Research: AI instrument may help spot Kind 2 diabetes traits within the U.S.


The work examining risk factors down to the county level could lead to tailored public health strategies

BUFFALO, NY – A new study from the University of Buffalo reports the benefits of using artificial intelligence to better understand type 2 diabetes in the United States.

The study describes how machine learning – a subset of AI where computers act intelligently without being explicitly programmed – can help study the prevalence of the disease, which affects more than 34 million Americans, and future trends detect.

The work was led by Zia Ahmed, a senior scientist and associate research professor at the UB RENEW Institute. It was published in Nature’s Scientific Reports on March 26th.

Ahmed says the prevalence of type 2 diabetes varies significantly in the United States due to wide-ranging socio-economic and lifestyle risk factors.

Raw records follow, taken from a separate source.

-- ===== src/Tests/Trees.antt =====
-- Nodes that come from and go to the free list of a tree (src/lib/btree.c).
use obmafs.Prelude.{ℕ, ◌<◌, some, ◌≡◌, refl, true, [], ◌∷◌, arith}
use obmafs.Context.{Result, ok}
use obmafs.Device.{block_write}
use obmafs.Device.Memory.{ram}
use obmafs.Device.Blocks.{block_write-ok}
use obmafs.Btree.{TreeHeader, header_magic}
use obmafs.Btree.Nodes.{Outcome, link_block, alloc_node, free_node, try_clump}
use obmafs.Btree.Nodes.FreeList.{IsSane, IsFreeList}
use obmafs.Btree.Nodes.PopPush.{SameButList, alloc_node-pop, free_node-push}
use obmafs.Btree.Nodes.Growth.{
  ClumpSpec, try_clump-ClumpSpec, counted_tries, counted_tries-try_clump,
}
use obmafs.Btree.Nodes.NewNode.{IsSized, Grown, alloc_node-Grown}
use obmafs.Tests.{ctx, beyond, beyond_small, ctx-IsValid}

abbrev empty_disk : ℕ → ℕ
empty_disk i = 0

abbrev hdr : TreeHeader
hdr = record {
  magic = header_magic;
  data_type = 1;
  root_node_lba = 14;
  free_node_lba = 0;
  node_size = 8192;
  total_nodes = 1;
  free_nodes = 0;
  tree_type = 1;
  last_block_lba = 0;
  last_block_offset = 0;
  checksum = 0;
}

ctx-IsSane : IsSane ctx
ctx-IsSane = record { room = omega arith; small = omega arith; blocks = omega arith }

hdr-IsFreeList : IsFreeList ram ctx empty_disk hdr []
hdr-IsFreeList = record { chain = refl; count = refl; distinct = tt }

link-done : (block_write ram ctx empty_disk 20 (link_block ctx 0)).0 ≡ ok tt
link-done = block_write-ok ram ctx empty_disk 20 (link_block ctx 0) refl

-- The volume once the node at block 20 was freed.
abbrev freed : Outcome (Result (Unit {0})) (ℕ → ℕ)
freed = free_node ram true ctx hdr 20 empty_disk

free_node-push_example :
    (freed.result ≡ ok tt)
    × IsFreeList ram ctx freed.disk freed.hdr (20 ∷ [])
    × (freed.ctx ≡ ctx)
    × SameButList hdr freed.hdr
free_node-push_example =
    free_node-push ram ctx-IsSane empty_disk hdr 20 [] hdr-IsFreeList (omega arith) (omega arith) tt
      (omega arith) link-done

freed-IsFreeList : IsFreeList ram ctx freed.disk freed.hdr (20 ∷ [])
freed-IsFreeList =
    (free_node-push ram ctx-IsSane empty_disk hdr 20 [] hdr-IsFreeList (omega arith) (omega arith)
      tt (omega arith) link-done).1

abbrev popped : Outcome (Result ℕ) (ℕ → ℕ)
popped = alloc_node ram beyond true ctx freed.hdr freed.disk

alloc_node-pop_example :
    (popped.result ≡ ok 20)
    × IsFreeList ram ctx popped.disk popped.hdr []
    × (popped.ctx ≡ ctx)
    × (popped.disk ≡ freed.disk)
    × SameButList freed.hdr popped.hdr
alloc_node-pop_example =
    alloc_node-pop ram ctx-IsSane beyond true freed.disk freed.hdr 20 [] freed-IsFreeList

two : 0 < 2
two = omega arith

try_clump-ClumpSpec_example : ClumpSpec ctx 2 8 (try_clump beyond 2 two ctx 8)
try_clump-ClumpSpec_example =
    try_clump-ClumpSpec beyond beyond_small 2 two 8 8 ctx ctx-IsValid refl (omega arith)
      (omega arith)

counted_tries-try_clump_example :
    counted_tries beyond 2 4 ctx 8 ≡ some (try_clump beyond 2 two ctx 8)
counted_tries-try_clump_example =
    counted_tries-try_clump beyond beyond_small 2 two 4 8 ctx (omega arith) (omega arith)

hdr-IsSized : IsSized ctx hdr
hdr-IsSized = record {
  node_size = omega arith;
  btree_clump = omega arith;
  dedup_clump = omega arith;
}

abbrev grown : Outcome (Result ℕ) (ℕ → ℕ)
grown = alloc_node ram beyond true ctx hdr empty_disk

alloc_node-Grown_example :
    Grown ram true ctx hdr empty_disk grown.result grown.ctx grown.hdr grown.disk
alloc_node-Grown_example =
    alloc_node-Grown ram (λ d o bs. refl) ctx-IsSane beyond true hdr empty_disk beyond_small
      ctx-IsValid hdr-IsSized hdr-IsFreeList
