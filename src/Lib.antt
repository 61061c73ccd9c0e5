-- ===== src/Lib.antt =====
-- Bhuna is a small language with a parser, a type checker, a compiler to byte code, a stack machine
-- with lightweight processes, and a mark-and-sweep collector. This library models its run-time system
-- in src/lib, and of the compiler the symbol tables, the types and the code generator.
--
-- Value, Memory: src/lib/value.c, value.h, closure.h, activation.c and activation.h. Objects are
-- cells at addresses; malloc's result is an argument of the functions that allocate, and the chains
-- `sv_head` and `a_head` are lists of addresses. Memory/Equal is `value_equal`.
--
-- Dict: src/lib/dict.c. 31 chains of pairs, and the cursor. The keys' equality is the interface
-- `KeyEquality`, which Memory/Equal fills with `value_equal`. Dict/Dup is the duplication, on the nodes of
-- the chains at their addresses; fuel for the longest chain is enough.
--
-- Gc: src/lib/gc.c. Marking takes fuel; one more than the number of unmarked objects is enough,
-- since each level of the calls marks one. `none` is spent fuel or a dangling pointer.
--
-- Process: src/lib/process.c. The run list and the wait list through `prev` and `next`, and the
-- mailboxes.
--
-- Buffer: src/lib/buffer.c. The bytes are a function of the offset. The doubling of the size takes fuel,
-- for which the new length and one more are enough.
--
-- Builtin: src/lib/builtin.c. Operators and containers, each on an activation record of arguments.
--
-- Vm: src/lib/vm.c, vm.h, and the activation stack of activation.c. Vm/Operators holds the operators
-- that the machine does itself, Vm/Step one round of the switch of `vm_run`, Vm/Run its loop, Vm/Slices how it ends,
-- Vm/Spawn the start of a process, and Vm/Scheduler `process_scheduler` of process.c. Vm/Queueing is
-- about the run list as it grows, Vm/Fairness about the scheduler's next process,
-- Vm/Receive about waiting for a message, and
-- Vm/Messages has the builtins on processes, which the vm calls as Vm/BuiltinCalls says.
-- The program is a function from offsets to decoded instructions; pointers have 64 bits. The loop takes
-- fuel; the rounds to the end of the time slice are enough. The scheduler's loop takes a number of
-- slices, since a program may run for ever.
--
-- Ast: src/lib/ast.h and ast.c. NULL is a tree of its own. Ast/Build has the constructors, with the types
-- that they infer.
--
-- Icode: src/lib/icode.c. An icode is its number; the fields of the icodes are functions of it, and the
-- list is the list of numbers. Icode/Generate is `ast_gen_r`, Icode/Passes the optimisations. Wiring,
-- Rewire, Generated, Emitted, Jumps and Complete are about branches and referrers, Order about the
-- numbers, Landing, NopStep, Nops, Optimize, Finish, Dead and Pipeline about the passes.
--
-- Gen: `iprogram_gen` of src/lib/gen.c, from the icodes to the program of Vm. Its first run is in
-- Gen/Layout and Gen/FirstRun, the runs over its two arrays in Gen/Patches, and what the vm reads then
-- in Gen/Program. Gen/SmallInts is about the short pushes. The arrays have 2048 entries.
--
-- Symbol: src/lib/symbol.c. A table with its parents is a list of tables, innermost first.
--
-- Types: src/lib/type.c. Types are cells with unifiers. A walk to a representative takes fuel for the
-- cells on its way. Types/Sets has equality, the predicates and the types of two branches.
--
-- Prelude: tests, lists, integers and lists without repetition. Tests: the theorems at concrete
-- inputs.
--
-- A pointer is an `Option` of an address. `none` as the result of an operation is behaviour that C
-- leaves undefined, as an access through a dangling pointer, outside of a stack, or an overflow of an
-- `int`, or a failed assertion; the assertion in `hashpjw` alone is taken as src/Makefile builds it, with
-- NDEBUG. What C reads from memory that was not written is a field of Memory that the model leaves open.
--
-- Not modelled: builtins that change a vm, since a builtin acts on the heap and the processes
-- (`process_spawn` acts on the whole machine); the rest of the compiler (scanner, parser, constant folding); the pool
-- allocator, which no build compiles; the debug output; malloc running out of memory; and the functions
-- that only give storage back.
pub mod Ast
pub mod Buffer
pub mod Builtin
pub mod Dict
pub mod Gc
pub mod Gen
pub mod Icode
pub mod Memory
pub mod Prelude
pub mod Process
pub mod Symbol
pub mod Tests
pub mod Types
pub mod Value
pub mod Vm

The study was based on data published in the Centers for Disease Control and Prevention (CDC) US Diabetes Monitoring System and the CDC’s Behavioral Risk Factor Surveillance System. Additional data such as six risk factors – access to higher education, poverty, obesity, physical inactivity, access to exercise areas like public parks, and access to healthy food – come from the US Census Bureau’s population estimation program.

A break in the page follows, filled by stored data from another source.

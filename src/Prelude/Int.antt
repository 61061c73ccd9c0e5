-- ===== src/Prelude/Int.antt =====
-- Signed integers over the native numbers, and the C type `int` of 32 bits among them.
use bhuna.Prelude.Tests.{ltb, leb, if◌then◌else◌}
use Prim.Native.Nat.{ℕ, suc, ◌+◌, ◌-◌, ◌*◌, ◌/◌, ◌%◌, ◌^◌, ◌≤◌}
use mathlib.Core.Path.{◌≡◌}
use mathlib.Core.Bool.{Bool, ◌&&◌}
use native.Mathlib.Omega.{arith}

-- `negsuc n` is -(n + 1).
pub data ℤ : Type 0 where
  pos : ℕ → ℤ
  negsuc : ℕ → ℤ

abbrev pub pos_part : ℤ → ℕ
pos_part (pos n) = n
pos_part (negsuc n) = 0

abbrev pub neg_part : ℤ → ℕ
neg_part (pos n) = 0
neg_part (negsuc n) = suc n

-- a - b, as an integer.
abbrev pub sub_ℕ : ℕ → ℕ → ℤ
sub_ℕ a b = if leb b a then pos (a - b) else negsuc (b - a - 1)

infixl 65 ◌+ℤ◌ ◌-ℤ◌
infixl 70 ◌*ℤ◌
infix 50 ◌≤ℤ◌
unfoldable pub ◌+ℤ◌ : ℤ → ℤ → ℤ
a +ℤ b = sub_ℕ (pos_part a + pos_part b) (neg_part a + neg_part b)

unfoldable pub ◌-ℤ◌ : ℤ → ℤ → ℤ
a -ℤ b = sub_ℕ (pos_part a + neg_part b) (neg_part a + pos_part b)

unfoldable pub ◌*ℤ◌ : ℤ → ℤ → ℤ
a *ℤ b =
    sub_ℕ (pos_part a * pos_part b + neg_part a * neg_part b)
      (pos_part a * neg_part b + neg_part a * pos_part b)

abbrev pub ◌≤ℤ◌ : ℤ → ℤ → Type 0
a ≤ℤ b = pos_part a + neg_part b ≤ pos_part b + neg_part a

abbrev pub ltb_ℤ : ℤ → ℤ → Bool
ltb_ℤ a b = ltb (pos_part a + neg_part b) (pos_part b + neg_part a)

abbrev pub leb_ℤ : ℤ → ℤ → Bool
leb_ℤ a b = leb (pos_part a + neg_part b) (pos_part b + neg_part a)

abbrev pub eqb_ℤ : ℤ → ℤ → Bool
eqb_ℤ a b = leb_ℤ a b && leb_ℤ b a

pub eqb_ℤ-sound : (a b : ℤ) → eqb_ℤ a b ≡ Bool.true → a ≡ b
eqb_ℤ-sound a b h = ground arith

pub eqb_ℤ-refl : (a : ℤ) → eqb_ℤ a a ≡ Bool.true
eqb_ℤ-refl a = ground arith

-- The range of a 32-bit `int`.
abbrev pub int_max : ℤ
int_max = pos (2 ^ 31 - 1)

abbrev pub int_min : ℤ
int_min = negsuc (2 ^ 31 - 1)

abbrev pub IsInt : ℤ → Type 0
IsInt z = (int_min ≤ℤ z) × (z ≤ℤ int_max)

-- The bit pattern of an `int` as a number below 2 ^ 32 (two's complement).
abbrev pub bits : ℤ → ℕ
bits (pos n) = n % 2 ^ 32
bits (negsuc n) = 2 ^ 32 - 1 - n % 2 ^ 32

-- The absolute value, and C's division, which rounds to 0; the remainder has the dividend's sign.
abbrev pub abs_ℤ : ℤ → ℕ
abs_ℤ z = pos_part z + neg_part z

unfoldable pub quot_ℤ : ℤ → ℤ → ℤ
quot_ℤ (pos a) b = sub_ℕ (a / pos_part b) (a / neg_part b)
quot_ℤ (negsuc a) b = sub_ℕ (suc a / neg_part b) (suc a / pos_part b)

unfoldable pub rem_ℤ : ℤ → ℤ → ℤ
rem_ℤ (pos a) b = pos (a % abs_ℤ b)
rem_ℤ (negsuc a) b = sub_ℕ 0 (suc a % abs_ℤ b)

-- Whether a result fits an `int`.
abbrev pub is_int : ℤ → Bool
is_int z = leb_ℤ int_min z && leb_ℤ z int_max
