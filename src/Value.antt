-- ===== src/Value.antt =====
-- lib/value.h and lib/value.c: the simple part of a value, and the parts of a structured one.
use bhuna.Prelude.{ℕ, Bool, Option, List}
use bhuna.Prelude.Int.{ℤ}

-- The VALUE_ tags that have the bit VALUE_STRUCTURED.
pub data Kind : Type 0 where
  string list error closure dict : Kind

-- `struct value`. A pointer is an address; a structured value points to a `struct s_value`. A
-- `boolean` comes from C's truth values only, and an `atom` from `atom_resolve`.
pub data Value : Type 0 where
  null : Value
  integer : ℤ → Value
  boolean : Bool → Value
  atom : ℕ → Value
  builtin : ℕ → Value
  opaque : ℕ → Value
  structured : Kind → ℕ → Value

-- `struct closure` at run time: its entry point, its environment and its sizes.
pub record Closure : Type 0 where
  pub label : ℕ
  pub ar : Option ℕ
  pub arity : ℕ
  pub locals : ℕ
  pub cc : ℕ

-- Text is the list of its characters.
abbrev pub Text : Type 0
Text = List ℕ
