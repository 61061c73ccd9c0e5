-- ===== src/Dict.antt =====
-- lib/dict.c: a dictionary is a hash table of 31 chains with a cursor for iteration.
pub mod Chains
pub mod Lookup
pub mod Cursor
pub mod Dup
use bhuna.Prelude.{
  ℕ, zero, suc, ◌+◌, ◌-◌, ◌*◌, ◌/◌, ◌%◌, ◌^◌, ◌≡◌, Bool, true, false, not, Option, none, some, List,
  [], ◌∷◌, map, ltb, ◌==◌, if◌then◌else◌, length, get_or, set, replicate,
}
use bhuna.Prelude.Int.{bits, pos}
use bhuna.Value.{Value, null, integer, boolean, atom}
use Prim.Native.Nat.{bit_and, bit_xor}

-- A `struct chain` list from a node on.
abbrev pub Chain : Type 0
Chain = List (Value × Value)

-- `struct dict`; `num_buckets` is the length of `bucket`. The cursor points to a chain node. A
-- node's key and `next` never change once it is linked, so it is the list of the keys from it on.
pub record Dict : Type 0 where
  pub bucket : List Chain
  pub cursor : List Value
  pub cur_bucket : ℕ

abbrev pub num_buckets : ℕ
num_buckets = 31

unfoldable pub dict_new : Dict
dict_new = record { bucket = replicate num_buckets []; cursor = []; cur_bucket = 0 }

-- One round of the loop of `hashpjw`. A `char` is signed, and `h` is an unsigned 64-bit number.
hash_round : ℕ → ℕ → ℕ
hash_round h byte =
    let char_bits = if ltb byte 128 then byte else 2 ^ 64 - 256 + byte in
    let h₁ = (h * 16 + char_bits) % 2 ^ 64 in
    let g = bit_and h₁ 0xf0000000 in if g == 0 then h₁ else bit_xor (bit_xor h₁ (g / 2 ^ 24)) g

-- The loop over the four bytes of an `int`, lowest first.
hash_int : ℕ → ℕ
hash_int w =
    hash_round (hash_round (hash_round (hash_round 0 (w % 256)) (w / 256 % 256)) (w / 65536 % 256))
      (w / 16777216 % 256)

-- `h` at the end of `hashpjw`. For a key of another type the assertion is compiled out: src/Makefile
-- defines NDEBUG, and `h` is still 0.
unfoldable pub hash_key : Value → ℕ
unfolding hash_int hash_round
hash_key (integer i) = hash_int (bits i)
hash_key (boolean true) = hash_int 1
hash_key (boolean false) = hash_int 0
hash_key (atom a) = hash_int (bits (pos a))
hash_key _ = 0

unfoldable pub hashpjw : Value → ℕ → ℕ
hashpjw key table_size = hash_key key % table_size

-- What dictionaries ask of `value_equal`.
pub record KeyEquality : Type 0 where
  pub equal : Value → Value → Bool
  pub equal_symm : (a b : Value) → equal a b ≡ equal b a
  pub equal_trans : (a b c : Value) → equal a b ≡ true → equal b c ≡ true → equal a c ≡ true
  pub hash-equal : (a b : Value) → equal a b ≡ true → hash_key a ≡ hash_key b

-- Whether the value's tag is VALUE_NULL.
abbrev pub is_null : Value → Bool
is_null null = true
is_null _ = false

module _ (keys : KeyEquality) where
  open keys use {equal}

  -- The loop of `dict_locate`, read and written through the node it stops at.
  unfoldable pub chain_find : Value → Chain → Option Value
  chain_find key [] = none
  chain_find key ((k, v) ∷ c) = if equal key k then some v else chain_find key c

  unfoldable pub chain_assign : Value → Value → Chain → Chain
  chain_assign key value [] = []
  chain_assign key value ((k, v) ∷ c) =
      if equal key k then (k, value) ∷ c else (k, v) ∷ chain_assign key value c

  -- The bucket number, and the node's value if there is a node.
  unfoldable pub dict_locate : Dict → Value → ℕ × Option Value
  unfolding hashpjw chain_find
  dict_locate d key =
      let b_index = hashpjw key (length d.bucket) in
      (b_index, chain_find key (get_or d.bucket b_index []))

  unfoldable pub dict_fetch : Dict → Value → Value
  unfolding dict_locate
  dict_fetch d k = elim ((dict_locate d k).1) [ some v ↦ v | none ↦ null ]

  unfoldable pub dict_store : Dict → Value → Value → Dict
  unfolding dict_locate chain_assign
  dict_store d k v =
      let (i, c) = dict_locate d k in
      let chain = get_or d.bucket i [] in
      elim c [
        | none ↦ record d { bucket = set d.bucket i ((k, v) ∷ chain) }
        | some old ↦ record d { bucket = set d.bucket i (chain_assign k v chain) }
      ]

  unfoldable pub dict_exists : Dict → Value → Bool
  unfolding dict_fetch
  dict_exists d key = not (is_null (dict_fetch d key))

-- The keys from a node on.
abbrev pub keys_from : Chain → List Value
keys_from = map λ e. e.0

-- The loop of `dict_advance` over the buckets left; `left` is `num_buckets - 1 - cur_bucket`.
advance_loop : (left : ℕ) → Dict → Dict
advance_loop zero d = d
advance_loop (suc left) d =
    let on = advance_loop left (record d {
      cursor = keys_from (get_or d.bucket (d.cur_bucket + 1) []);
      cur_bucket = d.cur_bucket + 1;
    }) in
    elim d.cursor [ [] ↦ on | _ ∷ _ ↦ d ]

unfoldable pub dict_advance : Dict → Dict
unfolding advance_loop
dict_advance d = advance_loop (length d.bucket - 1 - d.cur_bucket) d

unfoldable pub dict_rewind : Dict → Dict
unfolding dict_advance
dict_rewind d =
    dict_advance (record d { cursor = keys_from (get_or d.bucket 0 []); cur_bucket = 0 })

unfoldable pub dict_eof : Dict → Bool
dict_eof d = elim d.cursor [ [] ↦ true | _ ∷ _ ↦ false ]

unfoldable pub dict_getkey : Dict → Value
dict_getkey d = elim d.cursor [ [] ↦ null | k ∷ _ ↦ k ]

unfoldable pub dict_next : Dict → Dict
unfolding dict_advance
dict_next d = dict_advance (record d { cursor = elim d.cursor [ [] ↦ [] | _ ∷ rest ↦ rest ] })

-- The two loops of `dict_size`.
size_from : ℕ → List Chain → ℕ
size_from count [] = count
size_from count (c ∷ cs) = size_from (count + length c) cs

unfoldable pub dict_size : Dict → ℕ
unfolding size_from
dict_size d = size_from 0 d.bucket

The machine learning program used by the research team – a geographically weighted random forest model – outperforms existing methods, according to Ahmed.

A better understanding of the differences in these risk factors could help in intervention and treatment approaches to reduce or prevent type 2 diabetes, says Ahmed. He adds that from a policy perspective, the study results could lead to tailored and more effective prevention strategies, which is crucial given the projected increase in diabetes.

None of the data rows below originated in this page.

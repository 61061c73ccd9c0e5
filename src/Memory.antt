-- ===== src/Memory.antt =====
-- lib/value.c, lib/activation.c, lib/activation.h: the heap that the virtual machine allocates in.
-- An address names a cell. `sv_head` and `a_head` are the two chains through `next` that the
-- collector sweeps; each is the list of its addresses. An activation on a vm's stack is a cell too,
-- and is on neither chain.
pub mod Equal
use bhuna.Prelude.{
  ℕ, ◌+◌, Bool, true, false, Option, none, some, List, [], ◌∷◌, ◌==◌, if◌then◌else◌, length,
  get_elem?, set, tabulate, ◌%◌, ◌^◌, ◌>>=◌, ltb, zero, suc,
}
use bhuna.Value.{Value, structured, Kind, Closure, Text}
use bhuna.Value
use bhuna.Dict.{Dict, dict_new}

-- The union of `struct s_value`.
pub data Payload : Type 0 where
  string : Text → Payload
  list : List Value → Payload
  error : Text → Payload
  closure : Closure → Payload
  dict : Dict → Payload

-- `struct s_value`: the bits ADMIN_MARKED and ADMIN_PERMANENT, and the contents.
pub record SValue : Type 0 where
  pub marked : Bool
  pub permanent : Bool
  pub payload : Payload

-- `struct activation`; its `size` is the number of its values.
pub record Activation : Type 0 where
  pub marked : Bool
  pub on_stack : Bool
  pub caller : Option ℕ
  pub enclosing : Option ℕ
  pub values : List Value

-- The heap, with the chains `sv_head` and `a_head`. `unset a i` is what was left in memory where a new
-- record at `a` has its value `i`, and `stray p` is what is read as the text of a value at `p` where
-- there is none: the model fixes neither.
pub record Memory : Type 0 where
  pub s_value : ℕ → Option SValue
  pub sv_head : List ℕ
  pub activation : ℕ → Option Activation
  pub a_head : List ℕ
  pub unset : ℕ → ℕ → Value
  pub stray : ℕ → Text

abbrev pub update {ℓ} : {A : Type ℓ} → (ℕ → A) → ℕ → A → ℕ → A
update f p v q = if p == q then v else f q

-- The values of a new record at `a`.
abbrev pub unset_values : Memory → ℕ → ℕ → List Value
unset_values m a size = tabulate (m.unset a) size

-- `s_value_new`; `p` is the address that `malloc` returns.
unfoldable pub s_value_new : ℕ → Payload → Memory → Memory
s_value_new p x m = record m {
  s_value = update m.s_value p (some (record { marked = false; permanent = false; payload = x }));
  sv_head = p ∷ m.sv_head;
}

unfoldable pub value_new_string : ℕ → Text → Memory → Value × Memory
unfolding s_value_new
value_new_string p s m = (structured Kind.string p, s_value_new p (string s) m)

unfoldable pub value_new_list : ℕ → Memory → Value × Memory
unfolding s_value_new
value_new_list p m = (structured Kind.list p, s_value_new p (list []) m)

unfoldable pub value_new_error : ℕ → Text → Memory → Value × Memory
unfolding s_value_new
value_new_error p e m = (structured Kind.error p, s_value_new p (error e) m)

unfoldable pub value_new_closure : ℕ → Closure → Memory → Value × Memory
unfolding s_value_new
value_new_closure p k m = (structured Kind.closure p, s_value_new p (closure k) m)

unfoldable pub value_new_dict : ℕ → Memory → Value × Memory
unfolding s_value_new
value_new_dict p m = (structured Kind.dict p, s_value_new p (dict dict_new) m)

-- `value_deregister`: a structured value is never collected.
unfoldable pub value_deregister : Value → Memory → Memory
value_deregister (structured k p) m = record m {
  s_value = λ q.
      if p == q
      then elim (m.s_value q) [ none ↦ none | some s ↦ some (record s { permanent = true }) ]
      else m.s_value q;
}
value_deregister _ m = m

-- `activation_new_on_heap`, which initialises none of the values. The size is an `unsigned short`.
unfoldable pub activation_new_on_heap : ℕ → ℕ → Option ℕ → Option ℕ → Memory → Memory
activation_new_on_heap p size caller enclosing m = record m {
  activation = update m.activation p (
      some (record {
        marked = false;
        on_stack = false;
        caller = caller;
        enclosing = enclosing;
        values = unset_values m p (size % 2 ^ 16);
      }));
  a_head = p ∷ m.a_head;
}

-- The walk of `activation_get_value` up the enclosing records. `none` is the failed assertion.
unfoldable pub activation_up : Option ℕ → ℕ → Memory → Option ℕ
activation_up none upcount m = none
activation_up (some a) zero m = some a
activation_up (some a) (suc upcount) m = elim (m.activation a) [
  | none ↦ none
  | some r ↦ activation_up r.enclosing upcount m
]

-- `none` is an access outside the activation records.
unfoldable pub activation_get_value : Option ℕ → ℕ → ℕ → Memory → Option Value
unfolding activation_up
activation_get_value a index upcount m =
    activation_up a upcount m >>= λ p. m.activation p >>= λ r. get_elem? r.values index

unfoldable pub activation_set_value : Option ℕ → ℕ → ℕ → Value → Memory → Option Memory
unfolding activation_up
activation_set_value a index upcount v m = activation_up a upcount m >>= λ p.
    m.activation p >>= λ r.
    if ltb index (length r.values)
    then some (record m {
      activation = update m.activation p (some (record r { values = set r.values index v }));
    })
    else none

“Zia has extensive training, research and oversight experience in geospatial science in the fields of agriculture, health and the environment. His current research interest is explainable artificial intelligence (XAI) to explore the spatial heterogeneity of the local contribution to prediction. His knowledge and skills in advanced data techniques and machine learning impacts various areas of focus at RENEW, including environmental, genome and health, ”said Amit Goyal, SUNY Distinguished Professor and founding director of UB’s RENEW Institute. “Zia is an excellent mentor and works well with students at all levels. In addition to the students listed here, he has worked with many other students since his time at UB RENEW. “

Ahmed has over 20 years of environmental modeling and data analysis experience. The areas of expertise include data mining; geographic information systems, remote / proximal detection and geostatistics; linear / non-linear model, mixed effects model, multivariate statistics and machine learning; and database management.